_TASK PROMPT_
Report each line of the records where "arith" occurs.

_PROVIDED ENTRIES_
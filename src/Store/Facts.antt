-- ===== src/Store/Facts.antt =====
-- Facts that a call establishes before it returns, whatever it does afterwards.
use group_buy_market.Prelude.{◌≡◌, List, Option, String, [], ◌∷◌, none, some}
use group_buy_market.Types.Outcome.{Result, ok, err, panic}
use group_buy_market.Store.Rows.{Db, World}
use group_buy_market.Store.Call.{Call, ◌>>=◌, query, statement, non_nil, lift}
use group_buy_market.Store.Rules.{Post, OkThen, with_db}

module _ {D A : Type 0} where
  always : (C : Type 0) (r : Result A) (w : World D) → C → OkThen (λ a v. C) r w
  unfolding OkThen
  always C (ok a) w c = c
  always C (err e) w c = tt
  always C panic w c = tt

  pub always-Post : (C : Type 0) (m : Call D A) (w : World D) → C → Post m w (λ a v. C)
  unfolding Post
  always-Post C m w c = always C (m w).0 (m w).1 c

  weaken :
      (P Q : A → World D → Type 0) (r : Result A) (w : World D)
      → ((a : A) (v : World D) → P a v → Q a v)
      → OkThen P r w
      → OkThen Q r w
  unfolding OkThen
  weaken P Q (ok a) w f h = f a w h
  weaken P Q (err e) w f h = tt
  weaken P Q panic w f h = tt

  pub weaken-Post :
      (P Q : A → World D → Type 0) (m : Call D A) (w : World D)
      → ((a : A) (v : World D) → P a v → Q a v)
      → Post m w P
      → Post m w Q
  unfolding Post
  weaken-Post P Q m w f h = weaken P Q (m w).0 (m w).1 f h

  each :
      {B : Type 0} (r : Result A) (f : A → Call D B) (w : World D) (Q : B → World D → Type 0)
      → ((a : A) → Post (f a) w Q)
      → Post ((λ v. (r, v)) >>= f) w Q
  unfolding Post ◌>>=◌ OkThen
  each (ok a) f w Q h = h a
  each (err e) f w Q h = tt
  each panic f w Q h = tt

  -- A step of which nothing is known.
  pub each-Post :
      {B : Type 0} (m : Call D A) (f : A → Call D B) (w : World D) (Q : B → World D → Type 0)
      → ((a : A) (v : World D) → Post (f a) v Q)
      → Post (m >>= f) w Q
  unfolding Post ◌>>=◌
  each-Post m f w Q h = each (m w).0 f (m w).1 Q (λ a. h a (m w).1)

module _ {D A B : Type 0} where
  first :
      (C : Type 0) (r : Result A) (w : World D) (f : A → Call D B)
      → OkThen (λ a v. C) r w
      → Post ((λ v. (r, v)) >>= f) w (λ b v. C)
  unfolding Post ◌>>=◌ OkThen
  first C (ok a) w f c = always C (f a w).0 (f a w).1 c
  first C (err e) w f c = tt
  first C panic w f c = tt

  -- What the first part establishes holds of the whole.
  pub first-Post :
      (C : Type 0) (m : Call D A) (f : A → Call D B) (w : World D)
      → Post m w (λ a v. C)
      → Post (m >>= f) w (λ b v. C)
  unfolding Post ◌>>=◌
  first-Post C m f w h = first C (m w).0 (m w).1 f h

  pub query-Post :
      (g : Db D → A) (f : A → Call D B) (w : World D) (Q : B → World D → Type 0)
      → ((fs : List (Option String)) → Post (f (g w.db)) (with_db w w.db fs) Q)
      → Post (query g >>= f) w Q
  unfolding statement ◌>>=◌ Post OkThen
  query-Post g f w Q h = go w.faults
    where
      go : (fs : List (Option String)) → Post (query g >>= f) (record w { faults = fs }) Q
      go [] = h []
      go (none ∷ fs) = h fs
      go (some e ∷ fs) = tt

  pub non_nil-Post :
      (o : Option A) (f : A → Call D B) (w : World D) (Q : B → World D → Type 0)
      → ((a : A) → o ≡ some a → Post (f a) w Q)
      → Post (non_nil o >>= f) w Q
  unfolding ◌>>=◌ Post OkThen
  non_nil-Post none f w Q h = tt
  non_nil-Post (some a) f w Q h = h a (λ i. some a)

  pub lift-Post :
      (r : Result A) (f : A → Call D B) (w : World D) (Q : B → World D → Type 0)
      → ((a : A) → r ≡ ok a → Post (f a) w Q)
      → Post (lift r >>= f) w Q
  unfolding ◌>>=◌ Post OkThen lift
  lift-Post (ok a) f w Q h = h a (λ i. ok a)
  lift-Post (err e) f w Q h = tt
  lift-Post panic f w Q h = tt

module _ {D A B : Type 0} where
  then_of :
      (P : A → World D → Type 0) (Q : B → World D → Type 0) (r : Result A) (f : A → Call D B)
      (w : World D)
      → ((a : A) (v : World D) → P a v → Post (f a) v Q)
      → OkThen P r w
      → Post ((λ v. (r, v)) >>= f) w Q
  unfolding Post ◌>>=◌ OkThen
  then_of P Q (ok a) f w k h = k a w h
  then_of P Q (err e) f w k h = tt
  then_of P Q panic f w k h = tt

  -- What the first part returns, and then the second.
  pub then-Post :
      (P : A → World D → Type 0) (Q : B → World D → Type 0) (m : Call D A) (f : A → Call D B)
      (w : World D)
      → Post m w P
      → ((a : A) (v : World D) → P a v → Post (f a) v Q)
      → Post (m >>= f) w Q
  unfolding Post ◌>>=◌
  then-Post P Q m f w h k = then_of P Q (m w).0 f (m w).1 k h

...

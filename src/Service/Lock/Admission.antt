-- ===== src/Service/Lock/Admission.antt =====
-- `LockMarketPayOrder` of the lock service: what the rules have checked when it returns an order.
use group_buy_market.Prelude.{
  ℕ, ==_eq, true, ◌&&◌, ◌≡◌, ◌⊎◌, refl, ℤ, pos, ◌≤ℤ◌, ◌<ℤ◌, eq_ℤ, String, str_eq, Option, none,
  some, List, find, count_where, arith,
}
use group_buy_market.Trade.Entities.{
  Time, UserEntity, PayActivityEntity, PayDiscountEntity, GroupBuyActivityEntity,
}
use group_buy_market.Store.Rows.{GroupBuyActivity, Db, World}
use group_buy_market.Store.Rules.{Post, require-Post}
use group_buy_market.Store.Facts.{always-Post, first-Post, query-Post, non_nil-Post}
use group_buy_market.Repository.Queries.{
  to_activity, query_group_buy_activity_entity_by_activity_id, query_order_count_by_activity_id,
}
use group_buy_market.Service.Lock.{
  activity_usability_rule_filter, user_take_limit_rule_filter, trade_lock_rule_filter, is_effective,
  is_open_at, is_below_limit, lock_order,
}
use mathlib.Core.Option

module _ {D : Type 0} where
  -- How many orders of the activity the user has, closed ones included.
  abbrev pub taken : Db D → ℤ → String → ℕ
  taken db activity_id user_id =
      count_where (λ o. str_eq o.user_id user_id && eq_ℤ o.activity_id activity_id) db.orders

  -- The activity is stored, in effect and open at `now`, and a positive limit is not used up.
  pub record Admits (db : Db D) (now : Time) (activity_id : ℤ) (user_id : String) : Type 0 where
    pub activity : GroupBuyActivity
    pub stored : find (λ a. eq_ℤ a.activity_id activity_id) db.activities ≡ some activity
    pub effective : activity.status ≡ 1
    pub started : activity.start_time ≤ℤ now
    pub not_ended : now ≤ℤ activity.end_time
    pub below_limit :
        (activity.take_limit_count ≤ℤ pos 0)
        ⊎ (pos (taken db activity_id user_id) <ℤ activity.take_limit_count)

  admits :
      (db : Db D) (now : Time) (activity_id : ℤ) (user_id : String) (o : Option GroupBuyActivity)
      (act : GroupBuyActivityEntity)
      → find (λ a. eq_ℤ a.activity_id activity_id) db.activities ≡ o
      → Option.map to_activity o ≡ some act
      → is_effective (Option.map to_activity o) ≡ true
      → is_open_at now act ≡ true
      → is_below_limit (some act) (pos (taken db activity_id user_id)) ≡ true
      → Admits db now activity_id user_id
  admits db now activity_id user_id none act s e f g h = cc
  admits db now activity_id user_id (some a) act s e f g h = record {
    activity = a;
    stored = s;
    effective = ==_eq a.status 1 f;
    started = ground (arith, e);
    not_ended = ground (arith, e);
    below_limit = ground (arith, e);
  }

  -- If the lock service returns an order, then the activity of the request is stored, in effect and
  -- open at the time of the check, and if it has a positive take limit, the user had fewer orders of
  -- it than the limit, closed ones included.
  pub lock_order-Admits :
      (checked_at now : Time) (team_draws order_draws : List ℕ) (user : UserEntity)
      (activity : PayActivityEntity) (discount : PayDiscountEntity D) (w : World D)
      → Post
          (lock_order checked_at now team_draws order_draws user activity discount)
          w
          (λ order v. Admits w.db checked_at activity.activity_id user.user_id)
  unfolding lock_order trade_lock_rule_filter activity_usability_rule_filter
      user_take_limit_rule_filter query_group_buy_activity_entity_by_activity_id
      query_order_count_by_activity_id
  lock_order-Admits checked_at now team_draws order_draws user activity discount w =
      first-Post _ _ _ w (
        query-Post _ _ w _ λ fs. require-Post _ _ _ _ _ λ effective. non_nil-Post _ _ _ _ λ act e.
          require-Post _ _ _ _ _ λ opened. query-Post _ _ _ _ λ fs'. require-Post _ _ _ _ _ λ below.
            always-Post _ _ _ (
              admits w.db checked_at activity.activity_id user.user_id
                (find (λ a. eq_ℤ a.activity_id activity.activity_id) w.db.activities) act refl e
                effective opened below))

---

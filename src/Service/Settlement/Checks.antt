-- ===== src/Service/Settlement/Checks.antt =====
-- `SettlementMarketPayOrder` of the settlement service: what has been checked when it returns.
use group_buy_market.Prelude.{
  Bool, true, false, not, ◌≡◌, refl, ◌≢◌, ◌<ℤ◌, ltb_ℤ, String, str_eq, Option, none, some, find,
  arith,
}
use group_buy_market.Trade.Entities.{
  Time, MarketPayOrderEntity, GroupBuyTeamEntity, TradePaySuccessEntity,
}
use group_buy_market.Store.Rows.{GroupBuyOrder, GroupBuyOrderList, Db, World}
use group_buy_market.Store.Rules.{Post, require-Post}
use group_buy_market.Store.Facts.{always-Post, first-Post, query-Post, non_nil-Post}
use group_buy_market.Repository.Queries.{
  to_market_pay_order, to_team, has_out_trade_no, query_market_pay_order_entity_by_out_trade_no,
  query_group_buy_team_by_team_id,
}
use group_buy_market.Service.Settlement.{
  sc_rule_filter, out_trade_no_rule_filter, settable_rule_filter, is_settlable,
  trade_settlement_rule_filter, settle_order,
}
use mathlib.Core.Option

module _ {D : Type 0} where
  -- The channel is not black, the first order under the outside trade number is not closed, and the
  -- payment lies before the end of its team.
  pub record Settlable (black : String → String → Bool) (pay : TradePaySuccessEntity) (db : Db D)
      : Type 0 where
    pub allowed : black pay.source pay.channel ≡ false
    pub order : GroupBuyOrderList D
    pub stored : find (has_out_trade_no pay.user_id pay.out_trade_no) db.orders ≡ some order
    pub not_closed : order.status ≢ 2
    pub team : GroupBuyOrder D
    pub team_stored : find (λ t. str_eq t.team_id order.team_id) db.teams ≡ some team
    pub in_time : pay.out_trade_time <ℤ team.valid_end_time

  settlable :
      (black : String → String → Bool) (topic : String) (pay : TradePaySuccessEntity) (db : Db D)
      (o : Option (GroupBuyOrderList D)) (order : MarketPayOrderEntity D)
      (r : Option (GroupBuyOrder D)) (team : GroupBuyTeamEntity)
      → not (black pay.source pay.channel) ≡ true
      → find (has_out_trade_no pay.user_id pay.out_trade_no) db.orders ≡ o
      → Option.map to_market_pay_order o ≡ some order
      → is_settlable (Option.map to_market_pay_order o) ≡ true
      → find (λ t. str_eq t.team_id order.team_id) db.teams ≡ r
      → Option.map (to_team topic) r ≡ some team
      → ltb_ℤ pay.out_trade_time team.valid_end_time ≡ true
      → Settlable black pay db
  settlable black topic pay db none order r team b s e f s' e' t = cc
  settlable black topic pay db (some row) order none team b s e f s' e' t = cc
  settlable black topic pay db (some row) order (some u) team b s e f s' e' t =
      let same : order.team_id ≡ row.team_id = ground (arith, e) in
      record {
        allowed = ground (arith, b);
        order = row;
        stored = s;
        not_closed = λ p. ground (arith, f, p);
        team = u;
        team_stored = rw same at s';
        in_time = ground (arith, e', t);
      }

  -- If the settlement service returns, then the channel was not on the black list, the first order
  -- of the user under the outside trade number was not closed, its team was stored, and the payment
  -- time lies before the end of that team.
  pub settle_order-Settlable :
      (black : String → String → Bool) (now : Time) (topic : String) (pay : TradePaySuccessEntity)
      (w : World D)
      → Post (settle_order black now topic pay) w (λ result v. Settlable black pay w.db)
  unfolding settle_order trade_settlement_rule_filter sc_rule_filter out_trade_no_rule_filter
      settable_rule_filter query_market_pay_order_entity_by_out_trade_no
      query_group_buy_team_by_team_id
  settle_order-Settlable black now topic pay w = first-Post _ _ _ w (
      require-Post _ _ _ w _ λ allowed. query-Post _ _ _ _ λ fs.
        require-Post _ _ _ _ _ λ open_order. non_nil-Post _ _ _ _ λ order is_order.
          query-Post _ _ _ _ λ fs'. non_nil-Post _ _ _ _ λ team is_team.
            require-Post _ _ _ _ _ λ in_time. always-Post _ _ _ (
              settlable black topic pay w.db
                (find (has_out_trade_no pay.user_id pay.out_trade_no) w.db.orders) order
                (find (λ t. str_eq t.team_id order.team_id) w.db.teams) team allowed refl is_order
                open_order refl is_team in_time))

_RESPONSE TO THIS TASK_
  some, List, find, count_where, arith,
    started = ground (arith, e);
    not_ended = ground (arith, e);
    below_limit = ground (arith, e);
  arith,
      let same : order.team_id ≡ row.team_id = ground (arith, e) in
        allowed = ground (arith, b);
        not_closed = λ p. ground (arith, f, p);
        in_time = ground (arith, e', t);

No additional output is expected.